Молчание затянулось. Я видел, как она собирается с духом, и решил помочь:
— Шереметьевы… Во время атаки Кощея ты кричала эту фамилию.
Ярослава вздрогнула, пальцы сжали бокал так сильно, что я обеспокоился за хрупкое стекло.
— Ты хочешь знать мою историю? — её голос прозвучал глухо.
— Только если ты готова ею поделиться.
Она сделала большой глоток вина, словно набираясь храбрости.
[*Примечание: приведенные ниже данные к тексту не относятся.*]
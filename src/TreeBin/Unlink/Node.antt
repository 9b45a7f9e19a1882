-- ===== src/TreeBin/Unlink/Node.antt =====
-- `take_replacement` at a node: the last chunk of its ring, a leaf below it, or none.
use dlmalloc_rs.Prelude.{
  ℕ, zero, suc, ◌+◌, ◌≤◌, ◌<◌, ◌≡◌, ◌⊎◌, inl, inr, refl, ap, sym, subst, List, [], ◌∷◌, ◌++◌, arith,
}
use dlmalloc_rs.State.{State, done, set_child}
use dlmalloc_rs.TreeBin.{take_replacement}
use dlmalloc_rs.TreeBin.Trie.{Trie, leaf, node, IsTrie, span, Represents}
use dlmalloc_rs.TreeBin.Separate.{IsSeparate}
use dlmalloc_rs.TreeBin.Unlink.{Below, at_left, at_right, in_left, in_right, replaced_node}
use dlmalloc_rs.TreeBin.Unlink.Replace.{parent_in}
use dlmalloc_rs.TreeBin.Unlink.Leaf.{EndsAt, rightmost_leaf-EndsAt, Represents-low}
use dlmalloc_rs.TreeBin.Unlink.Detach.{Detached, cut-Detached}
use dlmalloc_rs.TreeBin.Unlink.Ring.{ring_cut}
use dlmalloc_rs.TreeBin.Unlink.Circle.{first-steps, first-Detached}
use dlmalloc_rs.TreeBin.Unlink.Steps.{from_right-steps, from_left-steps, no_child-steps}

pub data Taken (s : State) (i x n : ℕ) (ring : List ℕ) (l r : Trie) : Type 1 where
  single :
      take_replacement x s ≡ done 0 s
      → node x n ring l r ≡ node x n [] leaf leaf
      → Taken s i x n ring l r
  replaced :
      (b : ℕ) (t : State)
      → take_replacement x s ≡ done b t
      → Detached s t i x n b ring l r
      → Taken s i x n ring l r

-- A list that is not empty has a last element.
last_of : (y : ℕ) (ys : List ℕ) → (zs : List ℕ) × (b : ℕ) × (y ∷ ys ≡ zs ++ b ∷ [])
last_of y [] = ([], y, refl)
last_of y (z ∷ zs) =
    let rest = last_of z zs in (y ∷ rest.0, rest.1, ap (λ (q : List ℕ). y ∷ q) rest.2)

module _ (s : State) (i up x n : ℕ) where
  from_ring_end :
      (zs : List ℕ) (b : ℕ) (l r : Trie)
      → Represents s i up x (node x n (zs ++ b ∷ []) l r)
      → IsSeparate (node x n (zs ++ b ∷ []) l r)
      → Taken s i x n (zs ++ b ∷ []) l r
  from_ring_end zs b l r m d =
      replaced b (ring_cut x s) (first-steps s i up x n b zs l r m d)
        (first-Detached s i up x n b zs l r m d)

  from_ring :
      (y : ℕ) (ys : List ℕ) (l r : Trie)
      → Represents s i up x (node x n (y ∷ ys) l r)
      → IsSeparate (node x n (y ∷ ys) l r)
      → Taken s i x n (y ∷ ys) l r
  from_ring y ys l r m d =
      let last = last_of y ys in
      subst (λ rg. Taken s i x n rg l r) (sym last.2)
        (from_ring_end last.0 last.1 l r
          (subst (λ rg. Represents s i up x (node x n rg l r)) last.2 m)
          (subst (λ rg. IsSeparate (node x n rg l r)) last.2 d))

  module _ (l r : Trie) (m : Represents s i up x (node x n [] l r))
      (d : IsSeparate (node x n [] l r)) where
    -- A leaf that the walk found.
    from_leaf :
        (side p : ℕ) (v : Trie) (R : EndsAt s 64 x side p v)
        → Below (node R.found R.size R.ring leaf leaf) (node x n [] l r)
        → (s.m.least_addr ≤ R.above
            → take_replacement x s ≡ done (R.found) (set_child R.above R.way 0 s))
        → Taken s i x n [] l r
    from_leaf side p v R place steps =
        let low =
          subst (λ q. s.m.least_addr ≤ q) R.parent
            (parent_in s i R.found R.size R.ring leaf leaf (λ y. s.m.least_addr ≤ y) up x place m
              (Represents-low s i up x (node x n [] l r) m)) in
        let rest = replaced_node x n [] l r leaf place in
        replaced R.found (set_child R.above R.way 0 s) (steps low) (
          cut-Detached x n R.found R.size R.ring l r rest.0 rest.1 place rest.2 s i up R.above R.way
            m d R.parent R.link R.ways)

    leaf_on_right :
        (b k : ℕ) (own : List ℕ)
        → (r ≡ node b k own leaf leaf) ⊎ Below (node b k own leaf leaf) r
        → Below (node b k own leaf leaf) (node x n [] l r)
    leaf_on_right b k own place = elim place [
      | inl e ↦ subst (λ v. Below v (node x n [] l r)) e at_right
      | inr h ↦ in_right h
    ]

    leaf_on_left :
        (b k : ℕ) (own : List ℕ)
        → (l ≡ node b k own leaf leaf) ⊎ Below (node b k own leaf leaf) l
        → Below (node b k own leaf leaf) (node x n [] l r)
    leaf_on_left b k own place = elim place [
      | inl e ↦ subst (λ v. Below v (node x n [] l r)) e at_left
      | inr h ↦ in_left h
    ]

    from_right :
        (w lo c k : ℕ) (rg : List ℕ) (r1 r2 : Trie)
        → r ≡ node c k rg r1 r2
        → IsTrie w lo r
        → w < 64
        → Taken s i x n [] l r
    from_right w lo c k rg r1 r2 e h fuel =
        let mr = subst (Represents s i x (s.heap.child1 x)) e m.5 in
        let R0 =
          rightmost_leaf-EndsAt s i 64 w lo x 1 c k rg r1 r2
            (subst (λ q. Represents s i x q (node c k rg r1 r2)) mr.0 mr) mr.0 (inr refl)
            (subst (IsTrie w lo) e h) fuel in
        let R =
          subst (EndsAt s 64 x 1 (s.heap.child1 x)) (sym e)
            (subst (λ q. EndsAt s 64 x 1 q (node c k rg r1 r2)) (sym mr.0) R0) in
        from_leaf 1 (s.heap.child1 x) r R (leaf_on_right R.found R.size R.ring R.place)
          (from_right-steps x s m.2.1 r R (ground (arith, mr.0, mr.1.nonnull)))

    from_left :
        (w lo c k : ℕ) (rg : List ℕ) (l1 l2 : Trie)
        → r ≡ leaf
        → l ≡ node c k rg l1 l2
        → IsTrie w lo l
        → w < 64
        → Taken s i x n [] l r
    from_left w lo c k rg l1 l2 er e h fuel =
        let none = subst (Represents s i x (s.heap.child1 x)) er m.5 in
        let ml = subst (Represents s i x (s.heap.child0 x)) e m.4 in
        let R0 =
          rightmost_leaf-EndsAt s i 64 w lo x 0 c k rg l1 l2
            (subst (λ q. Represents s i x q (node c k rg l1 l2)) ml.0 ml) ml.0 (inl refl)
            (subst (IsTrie w lo) e h) fuel in
        let R =
          subst (EndsAt s 64 x 0 (s.heap.child0 x)) (sym e)
            (subst (λ q. EndsAt s 64 x 0 q (node c k rg l1 l2)) (sym ml.0) R0) in
        from_leaf 0 (s.heap.child0 x) l R (leaf_on_left R.found R.size R.ring R.place)
          (from_left-steps x s m.2.1 l R none (ground (arith, ml.0, ml.1.nonnull)))

  pub take_replacement-Taken :
      (w lo : ℕ) (ring : List ℕ) (l r : Trie)
      → Represents s i up x (node x n ring l r)
      → IsSeparate (node x n ring l r)
      → IsTrie w lo (node x n ring l r)
      → w < 64
      → Taken s i x n ring l r
  take_replacement-Taken w lo (y ∷ ys) l r m d h fuel = from_ring y ys l r m d
  take_replacement-Taken w lo [] leaf leaf m d h fuel =
      single (no_child-steps x s m.2.1 m.5 m.4) refl
  take_replacement-Taken zero lo [] l (node c k rg r1 r2) m d h fuel = absurd (cc)
  take_replacement-Taken zero lo [] (node c k rg l1 l2) leaf m d h fuel = absurd (cc)
  take_replacement-Taken (suc w) lo [] l (node c k rg r1 r2) m d h fuel =
      from_right l (node c k rg r1 r2) m d w (lo + span w) c k rg r1 r2 refl h.4 (omega arith)
  take_replacement-Taken (suc w) lo [] (node c k rg l1 l2) leaf m d h fuel =
      from_left (node c k rg l1 l2) leaf m d w lo c k rg l1 l2 refl refl h.3 (omega arith)
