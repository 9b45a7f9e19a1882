-- ===== src/TreeBin/Unlink/Move.antt =====
-- `move_child`: a subtree of one node goes to another.
use dlmalloc_rs.Prelude.{
  ℕ, ◌<◌, ◌≤◌, ◌≡◌, ◌≢◌, ◌∙◌, refl, ap, sym, subst, true, false, not, ◌==◌, if◌then◌else◌,
  Bool-cases, inl, inr, List, arith,
}
use dlmalloc_rs.State.{State, done, child, set_child, set_parent, ok_address}
use dlmalloc_rs.Head.{chunksize}
use dlmalloc_rs.SmallBin.Ring.{frame}
use dlmalloc_rs.TreeBin.{move_child}
use dlmalloc_rs.TreeBin.Trie.{Trie, leaf, node, Represents, IsRingChunk}
use dlmalloc_rs.TreeBin.Separate.{
  Avoids, IsSeparate, SameNode, SameAt, EveryChunk-mono, EveryChunk-both, All-map, All-both,
  Represents-frame, IsRingChunk-frame,
}
use dlmalloc_rs.TreeBin.Insert.Ring.{OnlyLinks}

-- The subtree `v` of the node `x` is now one of the chunk `b`.
pub record Moved (s : State) (i x b side : ℕ) (v : Trie) : Type 0 where
  pub after : State
  pub steps : move_child side x b s ≡ done tt after
  pub only : OnlyLinks s after
  pub shape : Represents after i b (child after b side) v
  pub others : (y : ℕ) → y ≢ b → Avoids y v → SameAt s after y
  pub at : SameNode s after b
  pub kept : child after b (if side == 0 then 1 else 0) ≡ child s b (if side == 0 then 1 else 0)

abbrev moved : (side c b : ℕ) → State → State
moved side c b s = set_parent c b (set_child b side c s)

module _ (side c b : ℕ) (s : State) (ne : c ≢ b) where
  moved-SameAt : (y : ℕ) → y ≢ b → y ≢ c → SameAt s (moved side c b s) y
  unfolding chunksize
  moved-SameAt y ne_b ne_c = elim (Bool-cases (side == 0)) [
    | inl e ↦ rw e (record {
      node_same = record {
        fd = refl;
        bk = refl;
        parent = ground (arith, ne_c);
        index = refl;
        size = refl;
      };
      child0 = ground (arith, ne_b);
      child1 = refl;
    })
    | inr e ↦ rw e (record {
      node_same = record {
        fd = refl;
        bk = refl;
        parent = ground (arith, ne_c);
        index = refl;
        size = refl;
      };
      child0 = refl;
      child1 = ground (arith, ne_b);
    })
  ]

  moved-SameNode : SameNode s (moved side c b s) b
  unfolding chunksize
  moved-SameNode = elim (Bool-cases (side == 0)) [
    | inl e ↦
        rw e
          (record { fd = refl; bk = refl; parent = ground (arith, ne); index = refl; size = refl })
    | inr e ↦
        rw e
          (record { fd = refl; bk = refl; parent = ground (arith, ne); index = refl; size = refl })
  ]

  -- The root of the subtree has a new parent, and no other change.
  moved-root :
      (moved side c b s).heap.parent c ≡ b
      × SameAt s (set_parent c (s.heap.parent c) (moved side c b s)) c
  unfolding chunksize
  moved-root = elim (Bool-cases (side == 0)) [
    | inl e ↦ rw e (
      ground arith,
      record {
        node_same = record {
          fd = refl;
          bk = refl;
          parent = ground arith;
          index = refl;
          size = refl;
        };
        child0 = ground (arith, ne);
        child1 = refl;
      },
    )
    | inr e ↦ rw e (
      ground arith,
      record {
        node_same = record {
          fd = refl;
          bk = refl;
          parent = ground arith;
          index = refl;
          size = refl;
        };
        child0 = refl;
        child1 = ground (arith, ne);
      },
    )
  ]

  moved-child :
      (child (moved side c b s) b side ≡ c)
      × (child (moved side c b s) b (if side == 0 then 1 else 0)
          ≡ child s b (if side == 0 then 1 else 0))
  moved-child = elim (Bool-cases (side == 0)) [
    | inl e ↦ rw e (ground arith, refl)
    | inr e ↦ rw e (ground arith, refl)
  ]

  moved-OnlyLinks : OnlyLinks s (moved side c b s)
  moved-OnlyLinks = elim (Bool-cases (side == 0)) [ inl e ↦ rw e refl | inr e ↦ rw e refl ]

module _ (s : State) (i x b side : ℕ) (off_x : x ≢ b) where
  -- The subtree at its new place.
  moved-Represents :
      (c k : ℕ) (ring : List ℕ) (l r : Trie)
      → Represents s i x c (node c k ring l r)
      → IsSeparate (node c k ring l r)
      → Avoids b (node c k ring l r)
      → Represents (moved side c b s) i b c (node c k ring l r)
  unfolding chunksize
  moved-Represents c k ring l r m d off =
      let t = moved side c b s in
      let ne : c ≢ b = λ e. off.0 (sym e) in
      let low : t.m.least_addr ≡ s.m.least_addr =
        ap (λ (z : State). z.m.least_addr) (moved-OnlyLinks side c b s ne) in
      let root = moved-root side c b s ne in
      let same = moved-SameAt side c b s ne in
      let rings =
        All-map _ _ ring (λ y h. same y (λ e. h.0 (sym e)) (λ e. h.1 (sym e)))
          (All-both _ _ ring off.1 d.0.0) in
      let subtree = λ (v : Trie) (h : Avoids b v) (h' : Avoids c v).
        EveryChunk-mono _ _ v (λ y q. same y (λ e. q.0 (sym e)) (λ e. q.1 (sym e)))
          (EveryChunk-both _ _ v h h') in
      let links =
        All-map (SameAt s t) (λ y. t.heap.fd y ≡ s.heap.fd y) ring (λ y h. h.node_same.fd) rings in
      let links_back =
        All-map (SameAt s t) (λ y. t.heap.bk y ≡ s.heap.bk y) ring (λ y h. h.node_same.bk) rings in
      (
        refl,
        record {
          nonnull = m.1.nonnull;
          low = omega (arith, low, m.1.low);
          size = root.1.node_same.size ∙ m.1.size;
          parent = root.0;
          index = root.1.node_same.index ∙ m.1.index;
        },
        frame s.heap.fd s.heap.bk t.heap.fd t.heap.bk c ring c (root.1.node_same.fd, links)
            links_back root.1.node_same.bk m.2,
        All-map _ (IsRingChunk t i k) ring (λ y h. IsRingChunk-frame s t i k y low h.0 h.1)
            (All-both (SameAt s t) (IsRingChunk s i k) ring rings m.3),
        subst (λ q. Represents t i c q l) (sym root.1.child0)
            (Represents-frame s t i c (s.heap.child0 c) l low (subtree l off.2 d.1.0) m.4),
        subst (λ q. Represents t i c q r) (sym root.1.child1)
            (Represents-frame s t i c (s.heap.child1 c) r low (subtree r off.3 d.1.1) m.5),
      )

  nothing-Moved : child s x side ≡ 0 → child s b side ≡ 0 → Moved s i x b side leaf
  unfolding move_child
  nothing-Moved none empty =
      let stop : not (child s x side == 0) ≡ false = ground (arith, none) in
      record {
        after = s;
        steps = rw stop refl;
        only = refl;
        shape = empty;
        others = λ y ne off. record {
          node_same = record { fd = refl; bk = refl; parent = refl; index = refl; size = refl };
          child0 = refl;
          child1 = refl;
        };
        at = record { fd = refl; bk = refl; parent = refl; index = refl; size = refl };
        kept = refl;
      }

  moved-steps :
      (c : ℕ)
      → child s x side ≡ c
      → 0 < c
      → s.m.least_addr ≤ c
      → move_child side x b s ≡ done tt (moved side c b s)
  unfolding move_child
  moved-steps c link pos low =
      let go : not (child s x side == 0) ≡ true = ground (arith, link, pos) in
      let fine : ok_address s (child s x side) ≡ true = ground (arith, link, low) in
      rw (go, fine) (ap (λ (q : ℕ). done tt (moved side q b s)) link)

  pub move_child-Moved :
      (v : Trie)
      → Represents s i x (child s x side) v
      → IsSeparate v
      → Avoids b v
      → child s b side ≡ 0
      → Moved s i x b side v
  move_child-Moved leaf m d off empty = nothing-Moved m empty
  move_child-Moved (node c k ring l r) m d off empty =
      let ne : c ≢ b = λ e. off.0 (sym e) in
      let t = moved side c b s in
      let links = moved-child side c b s ne in
      record {
        after = t;
        steps = moved-steps c m.0 m.1.nonnull m.1.low;
        only = moved-OnlyLinks side c b s ne;
        shape =
            subst (λ q. Represents t i b q (node c k ring l r)) (sym links.0)
              (moved-Represents c k ring l r
                (subst (λ q. Represents s i x q (node c k ring l r)) m.0 m) d off);
        others = λ y ne_b away. moved-SameAt side c b s ne y ne_b away.0;
        at = moved-SameNode side c b s ne;
        kept = links.1;
      }
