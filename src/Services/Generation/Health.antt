-- ===== src/Services/Generation/Health.antt =====
-- `GenerationClient::checkHealth` of Backend/src/services/generation_client.cpp.
use text2image.Base.{
  ℤ, pos, leb_ℤ, ltb_ℤ, Bool, ◌||◌, none, some, ◌++◌, Text, bytes, is_empty, lower, eqb,
  if◌then◌else◌, Result, ok, err, Action, ◌>>=◌, ◌>>◌, pure, fail,
}
use text2image.Errors.Http.{HttpError, map_http_error, to_expected_body}
use text2image.Services.Effects.{Exception, std_error, other_error}
use text2image.Services.CacheKeys.{decimal}
use text2image.Services.HealthGate.{ImageHealthResult, default_health}
use text2image.Services.Generation.{ModelPorts, HealthJson, rescue, done, call_label}

-- `timeoutSeconds <= 0 ? 5 : timeoutSeconds`, and at most 10
abbrev pub health_timeout : ℤ → ℤ
health_timeout seconds =
    let positive = if leb_ℤ seconds (pos 0) then pos 5 else seconds in
    if ltb_ℤ (pos 10) positive then pos 10 else positive

abbrev unhealthy : Text → ImageHealthResult
unhealthy detail = record default_health { status = bytes "unhealthy"; detail = detail }

-- `std::max(0, n)`
abbrev pub at_least_zero : ℤ → ℤ
at_least_zero n = if ltb_ℤ n (pos 0) then pos 0 else n

unfoldable pub health_status : Text → Bool → Text
health_status remote model_loaded =
    if eqb remote (bytes "healthy") || eqb remote (bytes "ok") || eqb remote (bytes "success")
    then bytes "healthy"
    else if eqb remote (bytes "busy")
        || eqb remote (bytes "loading")
        || eqb remote (bytes "unhealthy")
    then remote
    else if model_loaded
    then bytes "healthy"
    else bytes "unhealthy"

abbrev member : {A : Type 0} → Result Text A → Action ImageHealthResult Text A
member value r = (value, r)

abbrev set_health :
    (ImageHealthResult → ImageHealthResult) → Action ImageHealthResult Text (Unit {0})
set_health f r = (ok tt, f r)

-- What is read of the report is written member by member: a member of another kind throws, and what
-- was written before it stays.
unfoldable pub read_health : HealthJson → Action ImageHealthResult Text (Unit {0})
unfolding health_status
read_health j = do
  status ← member j.status
  model_loaded ← member j.model_loaded
  set_health (λ r. record r { model_loaded = model_loaded })
  active_kind ← member j.active_kind
  set_health (λ r. record r {
    active_kind = if is_empty active_kind then bytes "none" else lower active_kind;
  })
  active ← member j.active_generations
  set_health (λ r. record r { active_generations = at_least_zero active })
  maximum ← member j.max_concurrent_generations
  set_health (λ r. record r {
    max_concurrent_generations = at_least_zero maximum;
    status = health_status (lower status) model_loaded;
    detail = lower status;
  })

-- The handler of `std::exception`.
abbrev pub with_exception : Text → ImageHealthResult → ImageHealthResult
with_exception what r = record r { status = bytes "unhealthy"; detail = what }

abbrev pub read_result : Result Text (Unit {0}) × ImageHealthResult → ImageHealthResult
read_result (ok _, r) = r
read_result (err what, r) = with_exception what r

abbrev pub unhealthy_or_rethrow : {W : Type 0} → Exception → Action W Exception ImageHealthResult
unhealthy_or_rethrow (std_error what) = pure (with_exception what default_health)
unhealthy_or_rethrow other_error = fail other_error

module _ {W : Type 0} (p : ModelPorts W) where
  unfoldable pub health_of_body : Result HttpError Text → ImageHealthResult
  unfolding map_http_error read_health
  health_of_body (err e) = unhealthy (map_http_error e).message
  health_of_body (ok body) =
      if is_empty body
      then unhealthy (bytes "empty response body")
      else elim (p.parse_health body) [
        | none ↦ unhealthy (bytes "invalid json response")
        | some j ↦ read_result (read_health j default_health)
      ]

  -- The try block and its handler of `std::exception`.
  unfoldable pub check_health : Action W Exception ImageHealthResult
  unfolding rescue to_expected_body decimal health_of_body
  check_health =
      let body = do
        service_url ← done p.service_url
        seconds ← done p.health_timeout_seconds
        raw ← p.http_get (service_url ++ bytes "/health") (health_timeout seconds)
        p.observe_model_service_call (bytes "/health") (call_label raw)
        pure (health_of_body (to_expected_body decimal raw))
      in rescue body unhealthy_or_rethrow
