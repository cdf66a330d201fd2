-- ===== src/Services/Generation/HealthLaws.antt =====
-- What `GenerationClient::checkHealth` promises the health gate.
use text2image.Base.{
  ◌≡◌, ◌≢◌, refl, if◌then◌else◌, ◌⊎◌, inr, ℤ, pos, ◌≤ℤ◌, Bool, false, Option, none, some, [], ◌∷◌,
  Text, bytes, is_empty, eqb_iff, lower, Result, ok, err, arith,
}
use text2image.Errors.Http.{HttpError}
use text2image.Services.Effects.{Exception, std_error, other_error}
use text2image.Services.HealthGate.{ImageHealthResult, default_health}
use text2image.Services.Yields.{
  Yields, Any, pure-Yields, then-Yields, rescue-Yields, Never, returns,
}
use text2image.Services.Generation.{ModelPorts, HealthJson, done}
use text2image.Services.Generation.Health.{
  health_status, read_health, read_result, at_least_zero, unhealthy_or_rethrow, health_of_body,
  check_health,
}

-- The statuses that the health gate tells apart.
abbrev IsKnown : Text → Type 0
IsKnown s =
    (s ≡ bytes "healthy") ⊎ (s ≡ bytes "busy") ⊎ (s ≡ bytes "loading") ⊎ (s ≡ bytes "unhealthy")

pub record IsReport (r : ImageHealthResult) : Type 0 where
  pub known : IsKnown r.status
  pub active_natural : pos 0 ≤ℤ r.active_generations
  pub maximum_natural : pos 0 ≤ℤ r.max_concurrent_generations
  pub kind_named : is_empty r.active_kind ≡ false

health_status-IsKnown :
    (remote : Text) (model_loaded : Bool) → IsKnown (health_status remote model_loaded)
unfolding health_status
health_status-IsKnown remote model_loaded = ground (
  arith,
  eqb_iff remote (bytes "busy"),
  eqb_iff remote (bytes "loading"),
  eqb_iff remote (bytes "unhealthy"),
)

none_named : is_empty (bytes "none") ≡ false
unfolding bytes
none_named = refl

kind_named : (kind : Text) → is_empty (if is_empty kind then bytes "none" else lower kind) ≡ false
kind_named [] = none_named
kind_named (c ∷ kind) = refl

at_least_zero-natural : (n : ℤ) → pos 0 ≤ℤ at_least_zero n
at_least_zero-natural n = ground arith

-- An unhealthy report of what was read.
unhealthy-IsReport :
    (what : Text) (loaded : Bool) (kind : Text) (active maximum : ℤ)
    → is_empty kind ≡ false
    → pos 0 ≤ℤ active
    → pos 0 ≤ℤ maximum
    → IsReport (record {
      status = bytes "unhealthy";
      model_loaded = loaded;
      active_kind = kind;
      active_generations = active;
      max_concurrent_generations = maximum;
      detail = what;
    })
unhealthy-IsReport what loaded kind active maximum k a m = record {
  known = inr (inr (inr refl));
  active_natural = a;
  maximum_natural = m;
  kind_named = k;
}

read_members-IsReport :
    (status : Result Text Text) (loaded : Result Text Bool) (kind : Result Text Text)
    (active maximum : Result Text ℤ)
    → let report : HealthJson = record {
      status = status;
      model_loaded = loaded;
      active_kind = kind;
      active_generations = active;
      max_concurrent_generations = maximum;
    } in
      IsReport (read_result (read_health report default_health))
unfolding read_health
read_members-IsReport (err what) loaded kind active maximum =
    unhealthy-IsReport what false _ _ _ none_named (omega arith) (omega arith)
read_members-IsReport (ok status) (err what) kind active maximum =
    unhealthy-IsReport what false _ _ _ none_named (omega arith) (omega arith)
read_members-IsReport (ok status) (ok loaded) (err what) active maximum =
    unhealthy-IsReport what loaded _ _ _ none_named (omega arith) (omega arith)
read_members-IsReport (ok status) (ok loaded) (ok kind) (err what) maximum =
    unhealthy-IsReport what loaded _ _ _ (kind_named kind) (omega arith) (omega arith)
read_members-IsReport (ok status) (ok loaded) (ok kind) (ok active) (err what) =
    unhealthy-IsReport what loaded _ _ _ (kind_named kind) (at_least_zero-natural active)
      (omega arith)
read_members-IsReport (ok status) (ok loaded) (ok kind) (ok active) (ok maximum) = record {
  known = health_status-IsKnown (lower status) loaded;
  active_natural = at_least_zero-natural active;
  maximum_natural = at_least_zero-natural maximum;
  kind_named = kind_named kind;
}

silent-IsReport :
    (what : Text) → IsReport (record default_health { status = bytes "unhealthy"; detail = what })
silent-IsReport what = unhealthy-IsReport what false _ _ _ none_named (omega arith) (omega arith)

module _ {W : Type 0} (p : ModelPorts W) where
  health_of_text-IsReport :
      (j : Option HealthJson) (body : Text)
      → p.parse_health body ≡ j
      → IsReport (health_of_body p (ok body))
  unfolding health_of_body
  health_of_text-IsReport none [] e = silent-IsReport _
  health_of_text-IsReport (some j) [] e = silent-IsReport _
  health_of_text-IsReport none (c ∷ body) e = rw e (silent-IsReport _)
  health_of_text-IsReport (some j) (c ∷ body) e = rw e (
      read_members-IsReport j.status j.model_loaded j.active_kind j.active_generations
        j.max_concurrent_generations)

  health_of_body-IsReport : (answer : Result HttpError Text) → IsReport (health_of_body p answer)
  health_of_body-IsReport (ok body) = health_of_text-IsReport (p.parse_health body) body refl
  health_of_body-IsReport (err e) = unfold health_of_body in silent-IsReport _

-- What a call throws, if anything, is a `std::exception`.
abbrev pub IsStandard : Exception → Type 0
IsStandard e = e ≢ other_error

unhealthy_or_rethrow-IsReport :
    {W : Type 0} (e : Exception)
    → IsStandard e
    → Yields (unhealthy_or_rethrow {W = W} e) IsReport Never
unhealthy_or_rethrow-IsReport (std_error what) s =
    pure-Yields Never IsReport _ (silent-IsReport what)
unhealthy_or_rethrow-IsReport other_error s = absurd (s refl)

-- Whatever the model service answers, also a report whose members have the wrong kinds, the check of
-- its health returns a report that the gate understands: its status is healthy, busy, loading or
-- unhealthy, the counts are not negative and the kind is not empty. The configuration, the HTTP
-- client and the observation throw nothing but a `std::exception`.
pub check_health-IsReport :
    {W : Type 0} (p : ModelPorts W)
    → Yields {S = W} (done p.service_url) Any IsStandard
    → Yields {S = W} (done p.health_timeout_seconds) Any IsStandard
    → ((url : Text) (seconds : ℤ) → Yields (p.http_get url seconds) Any IsStandard)
    → ((path status : Text) → Yields (p.observe_model_service_call path status) Any IsStandard)
    → (w : W) → (r : ImageHealthResult) × (v : W) × (check_health p w ≡ (ok r, v)) × IsReport r
unfolding check_health
check_health-IsReport p url_fails seconds_fails get_fails observe_fails w =
    returns IsReport _ (yielded.yields w)
  where
    yielded : Yields (check_health p) IsReport Never
    yielded =
        rescue-Yields Never IsReport IsStandard _ _
          (then-Yields IsStandard _ (done p.service_url) _ url_fails λ url.
            then-Yields IsStandard _ (done p.health_timeout_seconds) _ seconds_fails λ seconds.
              then-Yields IsStandard _ (p.http_get _ _) _ (get_fails _ _) λ raw.
                then-Yields IsStandard _ (p.observe_model_service_call _ _) _ (observe_fails _ _)
                  λ u. pure-Yields IsStandard IsReport _ (health_of_body-IsReport p _))
          unhealthy_or_rethrow-IsReport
— Мне было шестнадцать, — начала она медленно. — Отец правил Ярославским княжеством, мать была из рода Волконских. Жили мы… хорошо жили. Отец начал обучать меня мечу, когда мне исполнилось пять. Повторял, что княжна обязана владеть оружием. Мать возмущалась — называла это дикостью для благородной девушки.
Голос дрогнул. Я молча ждал продолжения.
— Павел Шереметьев был министром финансов при отце. Верный человек, или так все думали. Когда начался экономический кризис, отец доверял ему. А тот… тот готовил переворот. Собирал недовольных бояр, обещал им конфискованные земли.
Ярослава отпила ещё вина.
— В ту ночь… Отец сражался. Я помню, как он стоял в тронном зале с мечом и жезлом в руках, окружённый предателями. Приказал мне и матери бежать. Последнее, что я видела — как Шереметьев лично нанёс ему удар в спину.
— Мне жаль, — тихо сказал я.
— Мать умерла через год. От горя. Её род отказался нас принять — не одобряли брак с отцом. Он почти украл её из семьи. Я осталась одна. Шестнадцать лет, княжеский титул, который ничего не значил, и жажда мести.
Она повернулась ко мне, и в серо-голубых глазах плескалась боль.